Required action:
Search the entries for the word "arith" and return every line where it is found.

+++ Exercise materials

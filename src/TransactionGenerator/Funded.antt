-- ===== src/TransactionGenerator/Funded.antt =====
-- The accounts of the coin offering in the states of a chain (state.rs, transaction_generator.rs).
use ce334_bitcoin_client.Prelude.{
  subst, ℕ, zero, suc, ◌+◌, ◌≤◌, ◌<◌, ◌≡◌, ◌∙◌, some, List, [], ◌∷◌, All, arith, Bool-cases, inl,
  inr, ℕ_discrete, beq-cases,
}
use ce334_bitcoin_client.Crypto.Address.{H160, h160_key}
use ce334_bitcoin_client.Crypto.Hash.{H256}
use ce334_bitcoin_client.HashMap.{HashMap, get, insert}
use ce334_bitcoin_client.HashMap.Laws.{get-insert_self, get-insert_ne}
use ce334_bitcoin_client.Transaction.{RawTransaction}
use ce334_bitcoin_client.State.{
  AccountInfo, State, ico, ico_from, get_acc_info, transfer, update_in_place,
  update_with_transactions, check_transaction_validity,
}
use ce334_bitcoin_client.State.Update.{
  check_valid, update_in_place_refused, update_with_transactions-nil,
  update_with_transactions-cons_some,
}
use ce334_bitcoin_client.State.Ico.{ico_address}
use ce334_bitcoin_client.Platform.{Platform}
use ce334_bitcoin_client.Blockchain.{Blockchain, Stored}
use ce334_bitcoin_client.Blockchain.Reach.{Reach, Reach-OfStates}

abbrev HasEntry : H160 → HashMap H160 AccountInfo → Type 0
HasEntry a m = (i : AccountInfo) × (get a m ≡ some i)

insert-HasEntry :
    (a k : H160) (v : AccountInfo) (m : HashMap H160 AccountInfo)
    → HasEntry a m
    → HasEntry a (insert k v m)
insert-HasEntry a k v m h = elim (beq-cases k a) [
  | inl same ↦ (v, rw same (get-insert_self a v m))
  | inr other ↦ (h.0, get-insert_ne a k v m other ∙ h.1)
]

-- The state has an account at the address.
abbrev pub HasAccount : H160 → State → Type 0
HasAccount a s = (i : AccountInfo) × (get_acc_info s a ≡ some i)

transfer-HasAccount :
    (a : H160) (s : State) (t : RawTransaction) (i : AccountInfo)
    → HasAccount a s
    → HasAccount a (transfer s t i)
unfolding transfer get_acc_info
transfer-HasAccount a s t i h =
    insert-HasEntry a t.to_addr _ _ (insert-HasEntry a t.from_addr _ s.pub_key_to_acc_info h)

update_in_place-HasAccount :
    (a : H160) (s : State) (t : RawTransaction)
    → HasAccount a s
    → HasAccount a (update_in_place s t).1
update_in_place-HasAccount a s t h = elim (Bool-cases (check_transaction_validity s t)) [
  | inl valid ↦
      let (i, e, nonce, le, ran) = check_valid s t valid in rw ran (transfer-HasAccount a s t i h)
  | inr refused ↦ rw (update_in_place_refused s t refused) h
]

-- Accounts are never closed.
pub update_with_transactions-HasAccount :
    (a : H160) (s s' : State) (ts : List RawTransaction)
    → update_with_transactions s ts ≡ some s'
    → HasAccount a s
    → HasAccount a s'
update_with_transactions-HasAccount a s s' [] e h =
    let same : s ≡ s' = cc (e, update_with_transactions-nil s) in subst (HasAccount a) same h
update_with_transactions-HasAccount a s s' (t ∷ ts) e h =
    let (valid, rest) = update_with_transactions-cons_some s t ts e in
    update_with_transactions-HasAccount a (update_in_place s t).1 s' ts rest
      (update_in_place-HasAccount a s t h)

module _ (p : Platform) where
  ico_from-HasEntry :
      (rounds i : ℕ) (a : H160) (m : HashMap H160 AccountInfo)
      → HasEntry a m
      → HasEntry a (ico_from p rounds i m)
  unfolding ico_from
  ico_from-HasEntry zero i a m h = h
  ico_from-HasEntry (suc rounds) i a m h =
      ico_from-HasEntry rounds (i + 1) a _ (insert-HasEntry a _ _ m h)

  ico_from-HasOwn :
      (rounds i k : ℕ) (m : HashMap H160 AccountInfo)
      → i ≤ k
      → k < i + rounds
      → HasEntry (ico_address p k) (ico_from p rounds i m)
  unfolding ico_from
  ico_from-HasOwn zero i k m le lt = absurd (omega arith)
  ico_from-HasOwn (suc rounds) i k m le lt = elim (ℕ_discrete i k) [
    | yes e ↦ rw (← e) (
        ico_from-HasEntry rounds (i + 1) (ico_address p i) _
          (_, get-insert_self (ico_address p i) _ m))
    | no ne ↦ ico_from-HasOwn rounds (i + 1) k _ (omega arith) (omega arith)
  ]

  -- The state of every block of a reachable chain has the ten accounts of the coin offering.
  pub Reach-HasAccount :
      (k : ℕ) {bc : Blockchain}
      → k < 10
      → Reach p bc
      → All (λ (e : H256 × Stored). HasAccount (ico_address p k) e.1.state) bc.hash_to_block
  unfolding ico get_acc_info
  Reach-HasAccount k {bc} h r =
      Reach-OfStates p (HasAccount (ico_address p k))
        (λ s s' ts. update_with_transactions-HasAccount (ico_address p k) s s' ts)
        (ico_from-HasOwn 10 0 k [] (omega arith) (omega arith)) r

++++++

Exercise solution:
  subst, ℕ, zero, suc, ◌+◌, ◌≤◌, ◌<◌, ◌≡◌, ◌∙◌, some, List, [], ◌∷◌, All, arith, Bool-cases, inl,
  ico_from-HasOwn zero i k m le lt = absurd (omega arith)
    | no ne ↦ ico_from-HasOwn rounds (i + 1) k _ (omega arith) (omega arith)
        (ico_from-HasOwn 10 0 k [] (omega arith) (omega arith)) r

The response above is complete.